Kansas State Board of Educationmembers moved this week to avoid what would be a financial calamity for many of the state's 286 school districts by seeking a federal waiver from a requirement that all schools hit the final proficiency standards by 2014.

How well Kansas students have fared under the program, which was the centerpiece of former President George W. Bush's education policy when it was enacted in 2001, isn't clear.

Kansas students' performance on reading and math proficiency improved for the 11th consecutive year, according to Kansas State Department of Education's latest State Report Card for schools released Tuesday.

Some 87.6 percent of the students tested turned in scores in the top three of five performance levels for reading and 84.7 percent achieved similar scores in math.

But two other performance yardsticks show different results.

Statewide Kansas test scores on ACT college entrance exams, which are averaging 22 points out of a perfect 36, have been flat for the past five years, said Ed Colby, senior communications associate at ACT Inc., the Iowa City, Iowa, research, testing and consulting organization that runs the tests. Only 28 percent of the 18,700 Kansas students who most recently took the test achieved scores high enough to be counted as fully college ready in reading, English, math and science.

Most Kansas statewide reading, writing and math scores on the National Assessment of Educational Progress, or NAEP, tests have changed little since 2000, according to the U.S. Education Department, which counts the test results as the broadest national measure of how school systems compare state by state. The federal Education Department reports those results on the Nation's Report Card. The Nation's Report Card is a U.S. Education Department report that has measured state and national academic achievement in reading, math, science and other disciplines since 1969.

"Fourth-grade math tests have improved significantly, but that's about it," said Arnold Goldstein, program director for the federal Education Department's National Center for Education Statistics.

One reason those different tests yield different results is that each measures something different, said Neal Kingston, director of the Center for Testing and Evaluation at the University of Kansasin Lawrence. The center runs the Kansas tests that show up on the state Report Card. The Kansas Report Card is a more detailed report on Kansas academic achievement, focused on curriculum requirements set by the state board of education.

The math and reading scores in the Kansas Report Card are based on specific standard statewide tests all students take annually in grades three through eight and once in high school. They specifically cover lesson material required by the state Board of Education, Kingston said.

"NAEP tests aren't tied to any curriculum," he said.

The NAEP results measure broader knowledge, by showing how well students answer specific questions that are the same for all states.

ACT tests also are not related to curriculum. The tests are a combination of multiple choice and essay questions designed to gauge high school students' general knowledge and their ability to do college-level work.
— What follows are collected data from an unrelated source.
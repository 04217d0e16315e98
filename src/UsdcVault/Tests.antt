-- ===== src/UsdcVault/Tests.antt =====
-- Runs of contracts/usdc-vault/src/lib.rs, and the theorems at inputs that meet their hypotheses.
use suban.Base.{◌≡◌, refl, arith, true, false, some, List, [], ◌∷◌, ◌==◌, if◌then◌else◌}
use suban.Int.{pos, ◌+ℤ◌, ◌-ℤ◌}
use suban.Dict.{lookup, insert, nat_eq}
use suban.Host.{Env, err, Returns, history, fits_i128}
use suban.Tokens.{Chain, Balances, ledger, ledger-IsLedger}
use suban.UsdcVault.Vault.{
  Store, below_reserve_minimum, initialize, admin_only, is_paused, read_total_deposited,
  read_total_released, read_user_deposit, read_reserve_balance, set_reserve_minimum, deposit,
  pay_reserved, release, admin_withdraw, vault_balance, available_balance,
}
use suban.UsdcVault.Accounts.{Request, execute, deployed, IsBalanced, history-IsBalanced}
use suban.UsdcVault.Reserve.{IsReserved, execute-IsReserved}

-- The vault is 100, and only it has not signed.
abbrev env : Env
env = record {
  sequence = 10;
  timestamp = 50;
  current_contract_address = 100;
  authorized = λ a. if a == 100 then false else true;
}

abbrev purse : Balances
purse k a = if a == 2 then pos 1000 else pos 0

abbrev calls : List (Env × Request)
calls =
    (env, Request.initialize 1 20)
    ∷ (env, Request.deposit 2 (pos 700))
    ∷ (env, Request.set_reserve_minimum 1 (pos 100))
    ∷ (env, Request.release 1 3 (pos 500))
    ∷ (env, Request.admin_withdraw 1 4 (pos 101))
    ∷ []

abbrev vault : Store
vault = record {
  admin = some 1;
  paused_flag = some false;
  usdc_token = some 20;
  total_deposited = some (pos 700);
  total_released = some (pos 500);
  deposits = (2, pos 700) ∷ [];
  reserve_balance = some (pos 100);
}

-- The withdrawal of 101 is refused.
after_calls :
    (history (execute ledger) (record { store = deployed; tokens = purse }) calls).store ≡ vault
unfolding history execute initialize set_reserve_minimum deposit pay_reserved release admin_withdraw
    admin_only is_paused read_total_deposited read_total_released read_user_deposit
    read_reserve_balance lookup insert fits_i128 ◌+ℤ◌ ◌-ℤ◌
after_calls = refl

abbrev now : Chain Store Balances
now = record { store = vault; tokens = λ k a. if a == 100 then pos 200 else pos 0 }

below : admin_withdraw ledger env 1 4 (pos 101) now ≡ err below_reserve_minimum
unfolding admin_withdraw pay_reserved admin_only read_reserve_balance fits_i128 ◌-ℤ◌
below = refl

available : available_balance ledger env now ≡ pos 100
unfolding available_balance vault_balance read_reserve_balance ◌-ℤ◌
available = refl

now-IsReserved : IsReserved ledger 100 20 now
unfolding read_reserve_balance
now-IsReserved = record { has_admin = refl; has_token = refl; reserved = omega arith }

history-IsBalanced_example :
    IsBalanced (history (execute ledger) (record { store = deployed; tokens = purse }) calls).store
history-IsBalanced_example = history-IsBalanced ledger purse calls

execute-IsReserved_example :
    Returns
      (λ _ c'. IsReserved ledger 100 20 c')
      (execute ledger env (Request.admin_withdraw 1 4 (pos 100)) now)
execute-IsReserved_example =
    execute-IsReserved ledger ledger-IsLedger env 20 refl now now-IsReserved
      (Request.admin_withdraw 1 4 (pos 100)) refl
" No one test should carry all the weight (for policy analysis), because each has a different purpose," Kingston said. "Society looks for nice easy solutions, those are seldom found."

Another reason that the different tests may be confusing is the definitions each uses to measure change will vary widely, said Dave Trabert, president of the Kansas Policy Institute, a Wichita think thank that advocates free market solutions for public policy issues.

The institute is a sponsor of KansasReporter.org and maintains a link on its website.

For example, Kansas 11th graders can be counted as making satisfactory reading progress even though state education department reports also show that  54 percent of them can't read 11th grade work with full comprehension, Trabert said.

For parents trying to determine how well local schools are preparing their students for college or life, the confusion in measuring students' achievement "is just craziness," said Karen Wagner, president of the Shawnee Mission Area Council PTA in Overland Park.

"Why don't we have tests that follow students through school so we can track progress?" she asked.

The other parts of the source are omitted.